When role.direct is true, the sp->gfn can even be a non-slot gfn with the leaf
entries being mmio sptes. So, it should be ok to ignore
"!sp_has_gptes(_sp) && (_sp)->gfn == (_gfn)".

Tests of "normal VM + nested VM + 3 selftests" passed on the 3 configs
1) modprobe kvm_intel ept=0,
2) modprobe kvm tdp_mmu=0
   modprobe kvm_intel ept=1
3) modprobe kvm tdp_mmu=1
   modprobe kvm_intel ept=1

with quirk disabled + below change

@@ -7071,7 +7077,7 @@ static void kvm_mmu_zap_memslot_pages_and_flush(struct kvm *kvm,
                struct kvm_mmu_page *sp;
                gfn_t gfn = slot->base_gfn + i;

-               for_each_gfn_valid_sp(kvm, sp, gfn)
+               for_each_gfn_valid_sp_with_gptes(kvm, sp, gfn)
                        kvm_mmu_prepare_zap_page(kvm, sp, &invalid_list);

                if (need_resched() || rwlock_needbreak(&kvm->mmu_lock)) {


> For this usage specifically, KVM's behavior will vary signficantly based on the
> size and alignment of a memslot, and in weird ways.  E.g.
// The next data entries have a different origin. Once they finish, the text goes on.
-- ===== src/Tokenizer/Outcomes.antt =====
-- What holds of the result of a call whenever it returns, and that it never lacks fuel.
use oaverify.Common.{◌≡◌, refl, subst, ◌≢◌, Bool, true, false, if◌then◌else◌}
use oaverify.Tokenizer.{Result, done, disposed, thrown, ◌>>=◌, out_of_fuel}

-- `P` holds of what is returned, and what is thrown is not the model's lack of fuel.
abbrev pub Returns {ℓ} : {A : Type ℓ} → (A → Type 0) → Result A → Type 0
Returns P (done a) = P a
Returns P disposed = Unit
Returns P (thrown e) = e ≢ out_of_fuel

pub Returns->>= {ℓ κ} :
    {A : Type ℓ} {B : Type κ} (P : A → Type 0) (Q : B → Type 0) (m : Result A) (k : A → Result B)
    → Returns P m
    → ((a : A) → P a → Returns Q (k a))
    → Returns Q (m >>= k)
Returns->>= P Q (done a) k h f = f a h
Returns->>= P Q disposed k h f = tt
Returns->>= P Q (thrown e) k h f = h

pub Returns-if {ℓ} :
    {A : Type ℓ} (P : A → Type 0) (c : Bool) (x y : Result A)
    → (c ≡ true → Returns P x)
    → (c ≡ false → Returns P y)
    → Returns P (if c then x else y)
Returns-if P true x y f g = f refl
Returns-if P false x y f g = g refl

pub Returns_done {ℓ} :
    {A : Type ℓ} (P : A → Type 0) (m : Result A) (a : A) → Returns P m → m ≡ done a → P a
Returns_done P m a h e = subst (Returns P) e h

pub Returns-weaken {ℓ} :
    {A : Type ℓ} (P Q : A → Type 0) (m : Result A)
    → ((a : A) → P a → Q a)
    → Returns P m
    → Returns Q m
Returns-weaken P Q (done a) f h = f a h
Returns-weaken P Q disposed f h = tt
Returns-weaken P Q (thrown e) f h = h

-- `P` holds of what is returned.
abbrev pub Yields {ℓ} : {A : Type ℓ} → (A → Type 0) → Result A → Type 0
Yields P (done a) = P a
Yields P disposed = Unit
Yields P (thrown e) = Unit

pub Yields->>= {ℓ κ} :
    {A : Type ℓ} {B : Type κ} (P : A → Type 0) (Q : B → Type 0) (m : Result A) (k : A → Result B)
    → Yields P m
    → ((a : A) → P a → Yields Q (k a))
    → Yields Q (m >>= k)
Yields->>= P Q (done a) k h f = f a h
Yields->>= P Q disposed k h f = tt
Yields->>= P Q (thrown e) k h f = tt

pub Yields-if {ℓ} :
    {A : Type ℓ} (P : A → Type 0) (c : Bool) (x y : Result A)
    → (c ≡ true → Yields P x)
    → (c ≡ false → Yields P y)
    → Yields P (if c then x else y)
Yields-if P true x y f g = f refl
Yields-if P false x y f g = g refl

pub Yields_done {ℓ} :
    {A : Type ℓ} (P : A → Type 0) (m : Result A) (a : A) → Yields P m → m ≡ done a → P a
Yields_done P m a h e = subst (Yields P) e h

pub Returns-Yields {ℓ} :
    {A : Type ℓ} (P Q : A → Type 0) (m : Result A)
    → ((a : A) → P a → Q a)
    → Returns P m
    → Yields Q m
Returns-Yields P Q (done a) f h = f a h
Returns-Yields P Q disposed f h = tt
Returns-Yields P Q (thrown e) f h = tt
For a 4KiB memslot,
> KVM will zap more SPs if the slot is 1GiB aligned than if it's only 4KiB aligned.
> And as described below, zapping SPs in the aligned case would overzap for direct
> MMUs, as odds are good the upper-level SPs are serving other memslots.
> 
> To iterate over all potentially-relevant gfns, KVM would need to make a pass over
> the hash table for each level, with the gfn used for lookup rounded for said level.
> And then check that the SP is of the correct level, too, e.g. to avoid over-zapping.
> 
> But even then, KVM would massively overzap, as processing every level is all but
> guaranteed to zap SPs that serve other memslots, especially if the memslot being
> removed is relatively small.  We could mitigate that by processing only levels
> that can be possible guest huge pages, but while somewhat logical, that's quite
> arbitrary and would be a bit of a mess to implement.
> 
> So, despite my initial reservations about zapping only SPs with gPTEs, I feel
> quite strongly that that's the best approach.  It's easy to describe, is predictable,
> and is explicitly minimal, i.e. KVM only zaps SPs that absolutely must be zapped.